Verify these results in the above example:

  1. Compute \(\mu_X\) and \(\mu_Y\) from their tables.
  2. Compute \(\mu_Z\) for case A and case B directly from the computed tables.
  3. Verify that \(\mu_Z = \mu_X + \mu_Y\).
  4. Compute \(\sigma^2_X\) and \(\sigma^2_Y\) from their tables.
  5. Compute \(\sigma^2_Z\) for case A and case B directly from the computed tables. Notice how they differ.
  6. Verify that the second case matches with \(\sigma^2_X + \sigma^2_Y\).

Let us consider one more example of this:

We roll a six-sided die. If the result is \(4\) or more then Bob wins \(\$2\). If it is a \(5\) or \(6\), then Alice wins \(\$3\). Denote by \(X\) Bob’s winnings, by \(Y\) Alice’s winnings, and by \(Z\) their total winnings, which we could write symbolically as \(Z = X+Y\).

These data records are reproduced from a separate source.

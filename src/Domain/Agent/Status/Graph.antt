-- ===== src/Domain/Agent/Status/Graph.antt =====
-- The life cycle as a graph.
use kelvin_assistant.Prelude.{
  true, ◌≡◌, ◌↔◌, contains, ◌==◌, arith, ◌||◌, false, Bool-cases, inl, inr,
}
use kelvin_assistant.Domain.Agent.Status.{
  AgentStatus, planning, awaiting_approval, executing, cancelled, failed, status_eq, is_terminal,
  allowed_transitions,
}

-- One edge of the table.
abbrev pub Edge : AgentStatus → AgentStatus → Type 0
Edge s t = contains (allowed_transitions s) t ≡ true

pub no-Edge : (s t : AgentStatus) → is_terminal s ≡ true → ¬ Edge s t
unfolding is_terminal allowed_transitions
no-Edge s t h e = ground arith

-- From every state that is not terminal, the run can be cancelled and can fail.
stop_edges : (s : AgentStatus) → is_terminal s ≡ false → Edge s cancelled × Edge s failed
unfolding is_terminal allowed_transitions
stop_edges s h = ground arith

-- A status is terminal exactly when no transition leaves it.
pub is_terminal_iff : (s : AgentStatus) → (is_terminal s ≡ true) ↔ ((t : AgentStatus) → ¬ Edge s t)
is_terminal_iff s = (
  λ h t. no-Edge s t h,
  λ none_leaves. elim (Bool-cases (is_terminal s)) [
    | inl e ↦ e
    | inr e ↦ absurd (none_leaves failed (stop_edges s e).1)
  ],
)

-- A tool is executed only from planning or from a pending approval, and an approval is awaited
-- only from planning.
pub executing-gate :
    (s : AgentStatus)
    → (Edge s executing ↔ (((s == planning) || (s == awaiting_approval)) ≡ true))
      × (Edge s awaiting_approval ↔ ((s == planning) ≡ true))
unfolding allowed_transitions
executing-gate s = ground arith
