-- ===== src/Domain/Agent/Run/Traces.antt =====
-- Sequences of transitions of one run: the counters, the step limit, and terminal states.
use kelvin_assistant.Prelude.{
  ℕ, ◌+◌, ◌≤◌, ◌≡◌, refl, ◌∙◌, true, Bool-cases, inl, inr, List, [], ◌∷◌, length, contains, ◌==◌,
  leb, if◌then◌else◌, arith,
}
use kelvin_assistant.Prelude.Result.{
  Result, ok, raise, ◌>>=◌, >>=-eq-ok, returned, invalid_transition_error,
}
use kelvin_assistant.Domain.Agent.Status.{
  AgentStatus, executing, status_eq, allowed_transitions, is_terminal,
}
use kelvin_assistant.Domain.Agent.Status.Graph.{Edge, no-Edge}
use kelvin_assistant.Domain.Agent.Run.{AgentRun, transition_to, max_agent_steps}
use kelvin_assistant.Domain.Agent.Run.Valid.{
  IsValid, moved, moved-IsValid, transition, transition_to_lem,
}

-- What one transition does to a run: `r` comes from `run` by a move to `next_status`.
pub record Moves (run : AgentRun) (next_status : AgentStatus) (r : AgentRun) : Type 0 where
  pub valid : IsValid r
  pub allowed : Edge run.status next_status
  pub status : r.status ≡ next_status
  pub version : r.version ≡ run.version + 1
  pub steps :
      r.step_count ≡ (if next_status == executing then run.step_count + 1 else run.step_count)
  pub limit : r.max_steps ≡ run.max_steps
  pub id : r.id ≡ run.id
  pub goal : r.goal ≡ run.goal
  pub workspace : r.workspace_id ≡ run.workspace_id

moved-Moves :
    (now : ℕ) (run : AgentRun) (s : AgentStatus) (steps : ℕ)
    → IsValid run
    → Edge run.status s
    → steps ≤ run.max_steps
    → steps ≡ (if s == executing then run.step_count + 1 else run.step_count)
    → Moves run s (moved now run s steps)
moved-Moves now run s steps v e fits counted = record {
  valid = moved-IsValid now run s steps v fits;
  allowed = e;
  status = refl;
  version = refl;
  steps = counted;
  limit = refl;
  id = refl;
  goal = refl;
  workspace = refl;
}

transition-Moves :
    (now : ℕ) (run : AgentRun) (s : AgentStatus) {r : AgentRun}
    → IsValid run
    → transition now run s ≡ ok r
    → Moves run s r
transition-Moves now run s v h = elim (Bool-cases (contains (allowed_transitions run.status) s)) [
  | inr e ↦ cc (rw e at h)
  | inl e ↦ elim (Bool-cases (s == executing)) [
    | inr x ↦
        returned (Moves run s) (rw (e, x) at h)
          (moved-Moves now run s run.step_count v e v.steps (rw x))
    | inl x ↦ elim (Bool-cases (leb run.max_steps run.step_count)) [
      | inl full ↦ cc (rw (e, x, full) at h)
      | inr room ↦
          returned (Moves run s) (rw (e, x, room) at h)
            (moved-Moves now run s (run.step_count + 1) v e (ground arith) (rw x))
    ]
  ]
]

-- An accepted transition of a valid run goes along an edge of the table, gives a valid run, adds
-- one to the version, and one to the step count exactly when it enters the executing state; the
-- identifier, the goal, the workspace and the limit stay.
pub transition_to-Moves :
    (now : ℕ) (run : AgentRun) (s : AgentStatus) {r : AgentRun}
    → IsValid run
    → transition_to now run s ≡ ok r
    → Moves run s r
transition_to-Moves now run s v h =
    transition-Moves now run s v (rw (transition_to_lem now run s v) at h)

-- Transitions one after the other, each with its time; the first that is refused ends them.
unfoldable pub follow : List (ℕ × AgentStatus) → AgentRun → Result AgentRun
follow [] run = ok run
follow ((now, s) ∷ moves) run = transition_to now run s >>= follow moves

-- How often the executing state is entered.
unfoldable pub executions : List (ℕ × AgentStatus) → ℕ
executions [] = 0
executions ((now, s) ∷ moves) = (if s == executing then 1 else 0) + executions moves

pub record Follows (run : AgentRun) (moves : List (ℕ × AgentStatus)) (r : AgentRun) : Type 0 where
  pub steps : r.step_count ≡ run.step_count + executions moves
  pub version : r.version ≡ run.version + length moves
  pub limit : r.max_steps ≡ run.max_steps
  pub valid : IsValid r

follow-Follows :
    (moves : List (ℕ × AgentStatus)) (run : AgentRun) {r : AgentRun}
    → IsValid run
    → follow moves run ≡ ok r
    → Follows run moves r
unfolding follow executions
follow-Follows [] run v h =
    returned (Follows run []) h
      (record { steps = omega arith; version = omega arith; limit = refl; valid = v })
follow-Follows ((now, s) ∷ moves) run v h =
    let (next, p, q) = >>=-eq-ok (transition_to now run s) (follow moves) h in
    let m = transition_to-Moves now run s v p in
    let f = follow-Follows moves next m.valid q in
    record {
      steps = ground (arith, f.steps, m.steps);
      version = omega (arith, f.version, m.version);
      limit = f.limit ∙ m.limit;
      valid = f.valid;
    }

-- In any sequence of accepted transitions of a valid run, the executing state is entered at most
-- as often as the run has steps left, so never more than 100 times, and the version grows by
-- the number of transitions.
pub follow-bounds :
    (moves : List (ℕ × AgentStatus)) (run r : AgentRun)
    → IsValid run
    → follow moves run ≡ ok r
    → (run.step_count + executions moves ≤ run.max_steps)
      × (executions moves ≤ max_agent_steps)
      × (r.version ≡ run.version + length moves)
follow-bounds moves run r v h =
    let f = follow-Follows moves run v h in
    let steps = f.steps in
    let limit = f.limit in
    let fits = f.valid.steps in (omega arith, omega (arith, v.few_steps), f.version)

-- A run in a terminal status refuses every transition, whatever its fields hold.
pub transition_to-terminal :
    (now : ℕ) (run : AgentRun) (s : AgentStatus)
    → is_terminal run.status ≡ true
    → transition_to now run s ≡ raise invalid_transition_error
unfolding transition_to
transition_to-terminal now run s h =
    elim (Bool-cases (contains (allowed_transitions run.status) s)) [
      | inl e ↦ absurd (no-Edge run.status s h e)
      | inr e ↦ rw e
    ]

  1. Compute the tables for \(X\), \(Y\) and \(Z\), as well as the joint probability table for \(X\) and \(Y\) combined.
  2. Compute \(\mu_X\), \(\sigma^2_X\), \(\mu_Y\), \(\sigma^2_Y\) from their tables.
  3. Compute \(\mu_Z\), \(\sigma^2_Z\) from its table. Compute \(\sigma^2_X + \sigma^2_Y\) and notice that it differs from \(\sigma^2_Z\).